As we all know, from the point of view of civil rights it is not easy to ignore the ideas and the goals of the Radical Party. In conclusion: there is a Bishop of Rome, whom the Concordat assigns not only citizenship rights but the privileges granted to an Italian public official, who is a Polish citizen; now there is a secretary general of a Party represented in Parliament who is a French citizen; in such way, a clerical-Catholic transnationality must be acknowledged along with a socialist-libertarian, pacifist and non-violent one. They strike me as being two excellent things.
We also hope that the day will come in which we will have a President of the Republic from South Tirol in Rome, providing he follows the example of Cesare Battisti (4), Gustav Heinemann (5) and Sandro Pertini (6), and not of De Gasperi (7), Magnago (8) and Piccoli (9).
Translator's notes
(1) Bruno Kreisky (1911-1990): Austrian politician. Foreign Affairs Minister (1959-66), Secretary of the Socialist Party (1967), Chancellor (1970).

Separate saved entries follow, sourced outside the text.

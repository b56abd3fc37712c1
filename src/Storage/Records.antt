-- ===== src/Storage/Records.antt =====
-- The rows of src/storage.rs. An integer column is an `i64`; it is kept as the `u64` with the same
-- bits, which is what the code casts it to when it reads a row.
use ciphermesh.Prelude.{ℕ, String, Option, List}
use ciphermesh.BTree.{BTreeMap}

pub record EventRecord : Type 0 where
  pub device_id : String
  pub counter : ℕ
  pub conversation_id : String
  pub event_type : String
  pub message_id : Option String
  pub payload : List ℕ
  pub created_at_unix_secs : ℕ

abbrev pub VersionVector : Type 0
VersionVector = BTreeMap String ℕ
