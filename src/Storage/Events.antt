-- ===== src/Storage/Events.antt =====
-- The event log and the version vectors of src/storage.rs. A table is kept as a map from its
-- primary key; every statement is taken to succeed.
pub mod Vector
pub mod World
pub mod Missing
use ciphermesh.Prelude.{
  ℕ, ◌+◌, ◌%◌, ◌^◌, String, Option, none, some, List, [], ◌∷◌, Bool, true, false, compare, Ordering,
  Ord, pair_ord, string_ord, i64_ord, same, not, get_or, ltb, if◌then◌else◌, foldl,
}
use ciphermesh.BTree.{BTreeMap, lookup, insert, or_insert, contains_key, collect}
use ciphermesh.Storage.Records.{EventRecord, VersionVector}

-- PRIMARY KEY (device_id, counter), the counter in the order of the `i64`s
instance abbrev pub event_key_ord : Ord (String × ℕ)
event_key_ord = pair_ord string_ord i64_ord

-- PRIMARY KEY (conversation_id, device_id)
instance abbrev pub vector_key_ord : Ord (String × String)
vector_key_ord = pair_ord string_ord string_ord

pub record EventTables : Type 0 where
  pub event_history : BTreeMap (String × ℕ) EventRecord
  pub version_vectors : BTreeMap (String × String) ℕ
  pub device_counters : BTreeMap String ℕ

abbrev pub no_events : EventTables
no_events = record { event_history = []; version_vectors = []; device_counters = [] }

-- SELECT counter … WHERE conversation_id = … AND device_id = … ORDER BY counter
unfoldable pub counters_of : String → String → BTreeMap (String × ℕ) EventRecord → List ℕ
counters_of conversation device [] = []
counters_of conversation device ((_, e) ∷ rows) =
    let rest = counters_of conversation device rows in
    if same e.conversation_id conversation
    then (if same e.device_id device then e.counter ∷ rest else rest)
    else rest

-- The loop over the counters: `break` at a gap.
unfoldable pub contiguous_from : ℕ → List ℕ → ℕ
contiguous_from n [] = n
contiguous_from n (c ∷ cs) = elim (compare c (n + 1)) [
  | Ordering.eq ↦ contiguous_from c cs
  | Ordering.gt ↦ n
  | Ordering.lt ↦ contiguous_from n cs
]

unfoldable pub refresh_vector_for_device : String → String → EventTables → EventTables
unfolding counters_of contiguous_from
refresh_vector_for_device conversation device t = record t {
  version_vectors =
      insert (conversation, device)
        (contiguous_from 0 (counters_of conversation device t.event_history)) t.version_vectors;
}

-- The flag says whether the row was inserted.
unfoldable pub append_event : EventRecord → EventTables → Bool × EventTables
unfolding refresh_vector_for_device
append_event e t =
    let key : String × ℕ = (e.device_id, e.counter) in
    (
      not (contains_key key t.event_history),
      refresh_vector_for_device e.conversation_id e.device_id
          (record t { event_history = or_insert key e t.event_history }),
    )

-- The number of rows that were inserted, added to `inserted`.
unfoldable pub append_events_from : ℕ → List EventRecord → EventTables → ℕ × EventTables
unfolding append_event
append_events_from inserted [] t = (inserted, t)
append_events_from inserted (e ∷ es) t =
    let (done, t') = append_event e t in
    append_events_from (if done then inserted + 1 else inserted) es t'

unfoldable pub append_events : List EventRecord → EventTables → ℕ × EventTables
unfolding append_events_from
append_events = append_events_from 0

unfoldable pub vector_rows : String → BTreeMap (String × String) ℕ → List (String × ℕ)
vector_rows conversation [] = []
vector_rows conversation (((c, device), n) ∷ rows) =
    let rest = vector_rows conversation rows in
    if same c conversation then (device, n) ∷ rest else rest

unfoldable pub version_vector : String → EventTables → VersionVector
unfolding vector_rows
version_vector conversation t = collect (vector_rows conversation t.version_vectors)

unfoldable pub missing_rows :
    String → VersionVector → BTreeMap (String × ℕ) EventRecord → List EventRecord
missing_rows conversation peer [] = []
missing_rows conversation peer ((_, e) ∷ rows) =
    let rest = missing_rows conversation peer rows in
    if same e.conversation_id conversation
    then (if ltb (get_or 0 (lookup e.device_id peer)) e.counter then e ∷ rest else rest)
    else rest

unfoldable pub missing_events_for : String → VersionVector → EventTables → List EventRecord
unfolding missing_rows
missing_events_for conversation peer t = missing_rows conversation peer t.event_history

-- The counter to use, and the tables with the next one. The sum is of `i64`s.
unfoldable pub next_local_event_counter : String → EventTables → ℕ × EventTables
next_local_event_counter device t =
    let current = get_or 1 (lookup device t.device_counters) in
    (
      current,
      record t { device_counters = insert device ((current + 1) % 2 ^ 64) t.device_counters },
    )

(2) "Brandtian": related to Willy Brandt (1913), German politician. Exiled during Nazism (1933-45), Mayor of Berlin (1957-64), President of the Social-Democrat Party (1964), Foreign Affairs Minister (1966-69) and Chancellor (1969-74). Started a process of détente with the Soviet Union and with East Germany (Ostpolitik). Nobel Prize for Peace (1971).
(3) Roberto Cicciomessere (1947): Italian politician. Conscientious objector, he was arrested and imprisoned in 1972. Secretary of the Radical Party (1971 and 1984). Member of the Italian Parliament in the 6th, 7th and 8th legislature. Member of the European Parliament from 1984 to 1989.
(4) Cesare Battisti (1875-1916): Militant of the Socialist Movement and fought for the autonomy of the Trentino region from Austria-Hungary. Member of the Austrian Parliament (1911), he then joined the Italian army. Was taken prisoner by the Austrians (12.7.1916).
(5) Gustav Heinemann (1899-1976): Social-Democrat. President of the Federal Republic of Germany (1969-74).
(6) Alessandro Pertini (1896-1990): Italian politician. Socialist, imprisoned several times during fascism (1943-45). Exponent of the Italian Resistance; member of Parliament and Senator (1948); President of the Italian Chamber of Deputies (68-76). In 1978 he was elected President of the Italian Republic.
(7) Alcide De Gasperi (1881-1954): Deputy of the Popular Union, of which he was Secretary from 1923 to 1925. Antifascist, he was arrested and imprisoned (1927). Organizer of the clandestine Christian Democrat Party, Secretary of the same (1944-1946). Head of Government (1945). Signed the peace treaty with the allies (1947). Excluded the Left from Government.
(8) Silvius Magnago (1914): President of the Südtiroler Volkspartei, the nationalist party that upholds the ethnical traditions of the German-speaking populations.
(9) Flaminio Piccoli (1915): Secretary of the Christian Democrat Party (1969; 80-82).